PopChoice: using an api for database instead? | Scrimba | Page 1

grim torrent Nov 27, 2023, 6:56 PM

#

I recently completed the embedding course as part of the AI engineer path. The practice project is to create an AI movie recommendation app. I was wondering how hard would it be to use an API for the movie database instead of the one provided.
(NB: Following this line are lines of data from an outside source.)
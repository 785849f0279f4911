-- ===== src/Raft/Complete/Acks.antt =====
-- What a follower's acceptance says of it: the ground on which a leader counts replicas.
use raft_implementation.Prelude.{
  ℕ, ◌+◌, ◌<◌, ◌≤◌, ◌≡◌, ◌∙◌, inl, inr, sym, ap, subst, String, true, some, List, arith, length,
  get_or,
}
use raft_implementation.Raft.Log.{LogEntry, zero_entry, get, last_index}
use raft_implementation.Raft.Rpc.{AppendEntriesArgs}
use raft_implementation.Raft.Node.{Config, RaftNode}
use raft_implementation.Raft.Replication.{handle_append_entries, greeted, yield_to_leader}
use raft_implementation.Raft.Replication.Outcomes.{append_accepted}
use raft_implementation.Raft.Steps.{append_request, step}
use raft_implementation.Raft.Cluster.Quorum.{mem}
use raft_implementation.Raft.Cluster.Preserve.{AreNames}
use raft_implementation.Raft.Cluster.Safety.{AreConfigs}
use raft_implementation.Raft.Matching.{Book, Replicas, Replicate, arrive}
use raft_implementation.Raft.Matching.Logs.{IsGood, IsGood-match, IsCopied}
use raft_implementation.Raft.Matching.Growth.{update_self}
use raft_implementation.Raft.Matching.Safety.{
  fresh_replicas, fresh-Matched, Move-Keeps, Replicate-Keeps,
}
use raft_implementation.Raft.Complete.Nodes.{append_checked_frame}

accepted_term :
    (now : ℕ) (args : AppendEntriesArgs) (n : RaftNode)
    → (handle_append_entries now args n).1.success ≡ true
    → (handle_append_entries now args n).0.current_term ≡ args.term
unfolding handle_append_entries yield_to_leader
accepted_term now args n ok =
    let frame = append_checked_frame args (greeted now args (yield_to_leader args.term n)) in
    ground arith

-- Node i has the k-th entry of the message at its index.
abbrev pub HasEntry : AppendEntriesArgs → ℕ → RaftNode → Type 0
HasEntry args k m =
    let x = args.prev_log_index + 1 + k in
    (x ≤ last_index m.log) × (get m.log x ≡ get_or args.entries k zero_entry)

-- A good log that took a copy of the leader's entries, with their terms, has the entries.
accepted-HasEntry :
    (book : Book) (now k : ℕ) (args : AppendEntriesArgs) (n : RaftNode)
    → (c : IsCopied book args) → IsGood book n.log
    → IsGood book c.its_log
    → IsGood book (handle_append_entries now args n).0.log
    → k < length args.entries
    → (handle_append_entries now args n).1.success ≡ true
    → HasEntry args k (handle_append_entries now args n).0
accepted-HasEntry book now k args n c before theirs after lt ok =
    let m = (handle_append_entries now args n).0 in
    let x = args.prev_log_index + 1 + k in
    let (_, merged, _, _) =
      append_accepted now args n before.is_log before.has_terms c.is_append ok in
    let term : (get m.log x).term ≡ (get c.its_log x).term =
      merged.agrees k lt (omega (arith, before.whole))
      ∙ ap (λ (e : LogEntry). e.term) (c.copies k lt) in
    let same =
      IsGood-match book m.log c.its_log x after theirs (omega arith) (omega (arith, merged.covers))
        (omega (arith, c.covers)) term in
    (omega (arith, merged.covers), same.reads x (omega arith) (omega arith) ∙ sym (c.copies k lt))

-- In the runs of log_matching: a node that accepts a message that a leader has sent is then in the
-- message's term, and has, at the index of each entry of the message, that whole entry.
pub acceptance-HasEntry :
    (ids : List String) (o : String) (cfg : String → Config) (s : Replicas) (i : String)
    (mail now k : ℕ) (args : AppendEntriesArgs)
    → AreNames ids
    → AreConfigs ids cfg
    → mem o ids ≡ true
    → Replicate ids (fresh_replicas ids o cfg) s
    → mem i ids ≡ true
    → s.mail mail ≡ some args
    → k < length args.entries
    → (handle_append_entries now args (s.cluster.node i)).1.success ≡ true
    → let m = (handle_append_entries now args (s.cluster.node i)).0 in
      (m.current_term ≡ args.term) × HasEntry args k m
unfolding step
acceptance-HasEntry ids o cfg s i mail now k args names h mo run mi there lt ok =
    let n = s.cluster.node i in
    let m = (handle_append_entries now args n).0 in
    let before = (Replicate-Keeps ids names run (fresh-Matched ids o cfg h mo)).0 in
    let after = (Move-Keeps ids names (arrive mail i now args mi there) before).0 in
    let at = update_self s.cluster.node i (step (append_request now args) n) in
    let good : IsGood s.book m.log =
      subst (λ (r : RaftNode). IsGood s.book r.log) at (after.nodes i mi).good in
    (
      accepted_term now args n ok,
      elim (before.honest mail args there) [
        | inl none_sent ↦ absurd (let size = ap length none_sent in omega arith)
        | inr c ↦
            accepted-HasEntry s.book now k args n c (before.nodes i mi).good
              (before.listed _ c.by c.its_log c.listed).good good lt ok
      ],
    )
Some obvious issues for this is

How to convert API data into a vector database on Supabase?
How does embeddings work at scale?

Anyone have any thoughts on this?

near temple Nov 27, 2023, 7:32 PM

#

It would definitely be a great challenge.
I don't think this is impossible to do.
You would need to find a way get a lot of entires from the API of your choice using some kind of filtering.
Once you have your dataset it would be fairly easy to convert it into vectors.
If you are using langchain I don't think you need to worry about embeddings with large datasets in fact probably the bigger the dataset the better. As far as I know the algorithm would only pick the entries relevant to your use case and not all of them just the closest one to the base value.

grim torrent Dec 1, 2023, 4:12 PM

#

near temple It would definitely be a great challenge. I don't think this is impossible to do...

Thank you!

round hedge Dec 1, 2023, 4:31 PM

#

grim torrent I recently completed the embedding course as part of the AI engineer path. The p...
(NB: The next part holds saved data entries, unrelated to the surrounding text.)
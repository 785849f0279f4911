-- ===== src/Raft/Complete/Later.antt =====
-- Every later leader has the entry that a majority has held: by induction on the term.
use raft_implementation.Prelude.{
  ℕ, zero, suc, ◌-◌, ◌<◌, ◌≤◌, ◌≡◌, ◌⊎◌, inl, inr, sym, ap, ◌∙◌, subst, String, Bool, true, some,
  List, arith, count, Bool-cases, ◌==◌, ==_iff, leb, leb→le, leb→lt,
}
use raft_implementation.Raft.Log.{Log, LogEntry, get, last_index, last_term}
use raft_implementation.Raft.Rpc.{RequestVoteArgs}
use raft_implementation.Raft.Election.{up_to_date}
use raft_implementation.Raft.Cluster.Quorum.{counts_meet}
use raft_implementation.Raft.Cluster.Invariant.{quorum}
use raft_implementation.Raft.Matching.{Replicas}
use raft_implementation.Raft.Matching.Logs.{
  AreSame, AreSame-sym, AreSame-trans, AreSame-below, IsGood,
}
use raft_implementation.Raft.Complete.{Past, Holds, Strays, Win, Describes, Complete}
use raft_implementation.Raft.Complete.Logs.{last_term-get}

-- What the check of a vote says of the two logs.
passed-cases :
    (request : RequestVoteArgs) (bid l : Log)
    → Describes request bid
    → up_to_date request l ≡ true
    → (last_term l < last_term bid)
      ⊎ ((last_term bid ≡ last_term l) × (last_index l ≤ last_index bid))
passed-cases request bid l (index, term) h = ground arith

module _ (ids : List String) (past : Past) (s : Replicas) (h : Complete ids past s) (t x : ℕ) where
  -- What agrees with the log of t's leader up to x has its entry.
  has_entry : (m l : Log) → AreSame m l x → Holds s.book t x l → Holds s.book t x m
  has_entry m l like held = record {
    by = held.by;
    its_log = held.its_log;
    listed = held.listed;
    same = AreSame-trans m l held.its_log x x like held.same (omega arith);
    positive = held.positive;
    its_term = held.its_term;
  }

  -- No leader that has the entry strayed from it.
  not_strayed : (b : ℕ) (r : Strays s.book t x b) → Holds s.book t x r.rival_log → ⊥
  not_strayed b r held =
      let listed = r.listed in
      let listed' = held.listed in
      let one : held.its_log ≡ r.its_log = cc in
      r.differs (held.same.reads r.place r.positive r.low ∙ ap (λ l. get l r.place) one)

  module _ (u : ℕ) (m : Log) (w : Win ids past s.book s.cluster u m) (l : Log)
      (good : IsGood s.book l) (held : Holds s.book t x l) where
    abbrev bid : Log
    bid = w.bid

    -- The winner's last entry is of the voter's last term, and its log is no shorter.
    same_term-Holds :
        last_term bid ≡ last_term l → last_index l ≤ last_index bid → Holds s.book t x m
    same_term-Holds tie long =
        let end = held.same.within in
        let from = good.traced (last_index l) (omega (arith, held.positive)) (omega arith) in
        let from' = w.good.traced (last_index bid) (omega (arith, held.positive)) (omega arith) in
        let terms : (get l (last_index l)).term ≡ (get bid (last_index bid)).term =
          sym (last_term-get l good.is_log good.whole)
          ∙ sym tie
          ∙ last_term-get bid w.good.is_log w.good.whole in
        let listed = ap s.book terms ∙ from'.listed in
        let listed' = from.listed in
        let one : from'.its_log ≡ from.its_log = cc in
        let bid_like = subst (λ y. AreSame bid y (last_index bid)) one from'.same in
        let bid_l : AreSame bid l (last_index l) =
          AreSame-trans bid from.its_log l _ _ (AreSame-below bid from.its_log _ _ bid_like long)
            (AreSame-sym l from.its_log _ from.same) (omega arith) in
        let m_bid = AreSame-sym bid m _ (AreSame-below bid m _ x w.same (omega arith)) in
        has_entry m l
          (AreSame-trans m bid l x x m_bid (AreSame-below bid l _ x bid_l end) (omega arith)) held

    -- The entry's term is at most the last term of a log that has it.
    term-le : t ≤ last_term l
    term-le =
        let end = held.same.within in
        let from = good.traced (last_index l) (omega (arith, held.positive)) (omega arith) in
        let upto =
          h.booked _ from.by from.its_log from.listed x held.positive
            (omega (arith, from.same.within')) in
        let there : (get from.its_log x).term ≡ t =
          ap (λ (e : LogEntry). e.term)
            (sym (from.same.reads x held.positive end)
              ∙ held.same.reads x held.positive (omega arith))
          ∙ held.its_term in
        omega (arith, last_term-get l good.is_log good.whole)

    -- A log with a positive last term has a last entry, of an older term than the new leader's.
    last_entry : last_term l < last_term bid → (0 < last_index bid) × (last_term bid < u)
    last_entry newer =
        let last = last_term-get bid w.good.is_log w.good.whole in
        elim (Bool-cases (last_index bid == 0)) [
          | inr more ↦
              let some_last : 0 < last_index bid = ground arith in
              let under = w.older (last_index bid) some_last (omega arith) in
              (some_last, omega arith)
          | inl empty ↦
              let zeroth = ap (λ k. (get bid k).term) ((==_iff (last_index bid) 0).0 empty) in
              absurd (omega (arith, w.zeroth))
        ]

    -- The winner's last entry is of a later term, whose leader has the entry.
    newer-Holds :
        last_term l < last_term bid
        → ((by : String) (y : Log) → s.book (last_term bid) ≡ some (by, y) → Holds s.book t x y)
        → Holds s.book t x m
    newer-Holds newer earlier =
        let last = last_term-get bid w.good.is_log w.good.whole in
        let (some_last, _) = last_entry newer in
        let from = w.good.traced (last_index bid) some_last (omega arith) in
        let theirs = earlier from.by from.its_log (ap s.book last ∙ from.listed) in
        elim (Bool-cases (leb x (last_index bid))) [
          | inl within ↦
              let low = leb→le x (last_index bid) within in
              let m_bid = AreSame-sym bid m x (AreSame-below bid m _ x w.same low) in
              has_entry m from.its_log
                (AreSame-trans m bid from.its_log x x m_bid
                  (AreSame-below bid from.its_log _ x from.same low) (omega arith))
                theirs
          | inr past_end ↦
              let low = leb→lt x (last_index bid) past_end in
              let read =
                from.same.reads (last_index bid) some_last (omega arith)
                ∙ theirs.same.reads (last_index bid) some_last (omega arith) in
              let upto =
                h.booked t theirs.by theirs.its_log theirs.listed (last_index bid) some_last
                  (omega (arith, theirs.same.within')) in
              let same_term = ap (λ (e : LogEntry). e.term) read in absurd (omega (arith, term-le))
        ]

  module _ (holders : String → Bool) (majority : quorum ids ≤ count holders ids)
      (have : (v : String) → holders v ≡ true → past v t x) where
    -- A winner has the entry if all leaders between have it.
    winner-Holds :
        (u : ℕ) (j : String) (m : Log)
        → t < u
        → s.book u ≡ some (j, m)
        → ((w : ℕ) (by : String) (y : Log)
            → t < w
            → w < u
            → s.book w ≡ some (by, y)
            → Holds s.book t x y)
        → Holds s.book t x m
    winner-Holds u j m low listed earlier =
        let w = h.won u j m listed in
        let (v, holds, voted) = counts_meet holders w.voters ids (omega (arith, w.majority)) in
        let vote = w.vouched v voted in
        elim (vote.kept t x low (have v holds)) [
          | inr r ↦ absurd (
              not_strayed (u - 1) r (
                earlier r.later r.rival r.rival_log r.after (omega (arith, r.until, r.after))
                  r.rival_listed))
          | inl held ↦ elim (passed-cases w.request w.bid vote.log w.described vote.passed) [
            | inr (tie, long) ↦ same_term-Holds u m w vote.log vote.good held tie long
            | inl newer ↦ newer-Holds u m w vote.log vote.good held newer (λ by y at.
                earlier (last_term w.bid) by y
                  (omega (arith, term-le u m w vote.log vote.good held))
                  (last_entry u m w vote.log vote.good held newer).1 at)
          ]
        ]

    pub leader-Holds :
        (fuel u : ℕ) (j : String) (m : Log)
        → u ≤ fuel
        → t < u
        → s.book u ≡ some (j, m)
        → Holds s.book t x m
    leader-Holds zero u j m few low listed = absurd (omega arith)
    leader-Holds (suc fuel) u j m few low listed =
        winner-Holds u j m low listed
          (λ w by y above under. leader-Holds fuel w by y (omega arith) above)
I'll assume you would recommend the movie using the movie's description or such field which may have some semantic match with the user query?
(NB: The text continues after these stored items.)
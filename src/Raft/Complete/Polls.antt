-- ===== src/Raft/Complete/Polls.antt =====
-- The polls stay sincere: requests describe the candidate's log, and votes come with vouchers.
use raft_implementation.Prelude.{
  ℕ, ◌≤◌, ◌≡◌, inl, inr, refl, sym, ap, ◌∙◌, subst, String, true, false, some, arith, str_eq,
  eq_iff, Bool-cases, ltb, if◌then◌else◌,
}
use raft_implementation.Raft.Rpc.{RequestVoteArgs, RequestVoteReply}
use raft_implementation.Raft.Node.{RaftNode, candidate}
use raft_implementation.Raft.Election.{
  Ballot, up_to_date, handle_request_vote, start_election, on_vote_reply,
}
use raft_implementation.Raft.Cluster.{Cluster, Poll, IsRequestOf, opened, update}
use raft_implementation.Raft.Cluster.Moves.{Taken, on_vote_reply-Taken}
use raft_implementation.Raft.Matching.{Book}
use raft_implementation.Raft.Matching.Logs.{IsGood, Grows, Grows-refl}
use raft_implementation.Raft.Complete.{Past, seen_in, Kept, Voucher, Describes, IsSincere}
use raft_implementation.Raft.Complete.Kept.{Kept-AreSame, Voucher-later}
use raft_implementation.Raft.Complete.Nodes.{Passes}

module _ (past : Past) (book book' : Book) (grows : Grows book book') (c d : Cluster)
    (passes : (v : String) → Passes book book' (c.node v) (d.node v)) where
  pub Voucher-step :
      (v : String) (u b : ℕ) (request : RequestVoteArgs)
      → Voucher past book v u b request (c.node v).current_term
      → Voucher (seen_in past d) book' v u b request (d.node v).current_term
  Voucher-step v u b request =
      Voucher-later book book' grows past d v u b (c.node v).current_term request (passes v).older

  described-step :
      (o : String) (t : ℕ) (request : RequestVoteArgs)
      → t ≤ (c.node o).current_term
      → ((c.node o).state ≡ candidate
          → (c.node o).current_term ≡ t
          → Describes request (c.node o).log)
      → (d.node o).state ≡ candidate
      → (d.node o).current_term ≡ t
      → Describes request (d.node o).log
  described-step o t request low before bids term = elim ((passes o).bids bids) [
    | inl (was, same_term, same_log) ↦
        subst (Describes request) (sym same_log) (before was (sym same_term ∙ term))
    | inr more ↦ absurd (omega arith)
  ]

  -- A poll that takes no step.
  pub IsSincere-step : (p : Poll) → IsSincere past book c p → IsSincere (seen_in past d) book' d p
  IsSincere-step p h = record {
    opened_at = omega (arith, h.opened_at, (passes p.owner).older);
    described = described-step p.owner p.ballot.term p.request h.opened_at h.described;
    answered = λ v r e g. Voucher-step v _ _ p.request (h.answered v r e g);
    tallied = λ v ne e. Voucher-step v _ _ p.request (h.tallied v ne e);
  }

-- A poll that opens.
pub opened-IsSincere :
    (past : Past) (book : Book) (d : Cluster) (i : String) (n : RaftNode)
    → d.node i ≡ n
    → IsSincere past book d (opened i n)
unfolding start_election
opened-IsSincere past book d i n same = record {
  opened_at = omega (arith, ap (λ (m : RaftNode). m.current_term) same);
  described = λ bids term. rw same (refl, refl);
  answered = λ v r e g. cc;
  tallied = λ v ne e. absurd (ground (arith, eq_iff i v));
}

-- A vote that is granted was checked against the voter's log and is of its term by then.
pub granted-UpToDate :
    (now : ℕ) (args : RequestVoteArgs) (n : RaftNode)
    → args.is_pre_vote ≡ false
    → (handle_request_vote now args n).1.vote_granted ≡ true
    → (up_to_date args n.log ≡ true)
      × ((handle_request_vote now args n).0.current_term ≡ args.term)
      × (n.current_term ≤ args.term)
unfolding handle_request_vote
granted-UpToDate now args n real g = ground arith

-- The voucher of a voter that grants the request of a poll.
pub vote-Voucher :
    (past : Past) (book : Book) (d : Cluster) (p : Poll) (v : String) (now : ℕ)
    (args : RequestVoteArgs) (n : RaftNode)
    → IsRequestOf p args
    → IsGood book n.log
    → ((t x : ℕ) → past v t x → Kept book t x n.current_term n.log)
    → d.node v ≡ (handle_request_vote now args n).0
    → (handle_request_vote now args n).1.vote_granted ≡ true
    → Voucher (seen_in past d) book v p.ballot.term p.ballot.term p.request (d.node v).current_term
vote-Voucher past book d p v now args n q good held same g =
    let (passed, term, low) = granted-UpToDate now args n q.real g in
    let here : (d.node v).current_term ≡ p.ballot.term =
      ap (λ (m : RaftNode). m.current_term) same ∙ term ∙ q.of_term in
    record {
      log = n.log;
      good = good;
      passed = subst (λ r. up_to_date r n.log ≡ true) q.sent passed;
      kept = λ t x before was. elim was [
        | inl earlier ↦
            Kept-AreSame book book (Grows-refl book) t x _ _ n.log n.log
              (omega (arith, low, q.of_term))
              (λ y. record { within = y; within' = y; reads = λ k a b. refl }) (held t x earlier)
        | inr holds ↦ absurd (omega (arith, holds.in_term))
      ];
      late = omega (arith, here);
    }

-- A poll with one more answer.
pub answered-IsSincere :
    (past : Past) (book : Book) (d : Cluster) (p : Poll) (v : String) (r : RequestVoteReply)
    → (r.vote_granted ≡ true
        → Voucher past book v p.ballot.term p.ballot.term p.request (d.node v).current_term)
    → IsSincere past book d p
    → IsSincere past book d (record p { answers = update p.answers v (some r) })
answered-IsSincere past book d p v r fresh h = record {
  opened_at = h.opened_at;
  described = h.described;
  answered = λ u s e g. elim (Bool-cases (str_eq v u)) [
    | inl same ↦
        let e' : some r ≡ some s = rw same at e in
        let one : r ≡ s = cc in
        subst
          (λ w. Voucher past book w p.ballot.term p.ballot.term p.request (d.node w).current_term)
          ((eq_iff v u).0 same) (fresh (ap (λ (x : RequestVoteReply). x.vote_granted) one ∙ g))
    | inr other ↦ h.answered u s (rw other at e) g
  ];
  tallied = h.tallied;
}

-- A poll whose owner has taken an answer.
module _ (now : ℕ) (p : Poll) (v : String) (n : RaftNode) where
  abbrev ballot : Ballot
  ballot = (on_vote_reply now (p.answers v) p.ballot n).0

  same_term : ballot.term ≡ p.ballot.term
  same_term = elim (on_vote_reply-Taken now (p.answers v) p.ballot n) [
    | Taken.ignored same steady ↦ ap (λ (b : Ballot). b.term) same
    | Taken.added reply e g was term more next ↦ ap (λ (b : Ballot). b.term) more
  ]

  counted_answer :
      ltb p.ballot.votes ballot.votes ≡ true
      → (r : RequestVoteReply) × (p.answers v ≡ some r) × (r.vote_granted ≡ true)
  counted_answer more = elim (on_vote_reply-Taken now (p.answers v) p.ballot n) [
    | Taken.ignored same steady ↦ absurd (ground (arith, ap (λ (b : Ballot). b.votes) same))
    | Taken.added reply e g was term _ next ↦ (reply, e, g)
  ]

  pub tallied-IsSincere :
      (past : Past) (book : Book) (d : Cluster)
      → IsSincere past book d p
      → IsSincere past book d (record p {
        ballot = ballot;
        tally = if ltb p.ballot.votes ballot.votes then update p.tally v true else p.tally;
      })
  tallied-IsSincere past book d h = record {
    opened_at = rw same_term h.opened_at;
    described = λ bids term. h.described bids (term ∙ same_term);
    answered = λ u r e g. rw same_term (h.answered u r e g);
    tallied = λ u ne e. rw same_term (elim (Bool-cases (ltb p.ballot.votes ballot.votes)) [
      | inr few ↦ h.tallied u ne (rw few at e)
      | inl more ↦ elim (Bool-cases (str_eq v u)) [
        | inr other ↦ h.tallied u ne (rw (more, other) at e)
        | inl same ↦
            let (r, answer, g) = counted_answer more in
            subst
              (λ w.
                Voucher past book w p.ballot.term p.ballot.term p.request (d.node w).current_term)
              ((eq_iff v u).0 same) (h.answered v r answer g)
      ]
    ]);
  }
In that case you'd scrape the API data, convert the description to a langchain document with the title etc as metadata (as embedding the title, rating would'nt help much), then embed the Document and save in a VectorStore, then when you have something to query against, use a Retriever to have the relevant data back from your VectorStore. This whole thing can be composed into a Chain.

I have abstracted away some of the underlying works as I haven't used langchain heavily in a while but this approach should work.

round hedge Dec 1, 2023, 4:33 PM

#

grim torrent I recently completed the embedding course as part of the AI engineer path. The p...

I remember in a project the number of Document was destined to go big, so with the increased embedding count in the DB, the retrieval time would also increase. I remember have a metadata as a filter for retrieval, for your case maybe the movie genre. So the number of DB record to match against decreases if you can specify such filter.

grim torrent Dec 1, 2023, 4:33 PM

#

round hedge I'll assume you would recommend the movie using the movie's description or such ...

I'll assume you would recommend the movie using the movie's description or such field which may have some semantic match with the user query?

No, I use a vector database of movies, currently there's only 34, the idea was to expand that database to 500+ vectors

#PopChoice: using an api for database instead?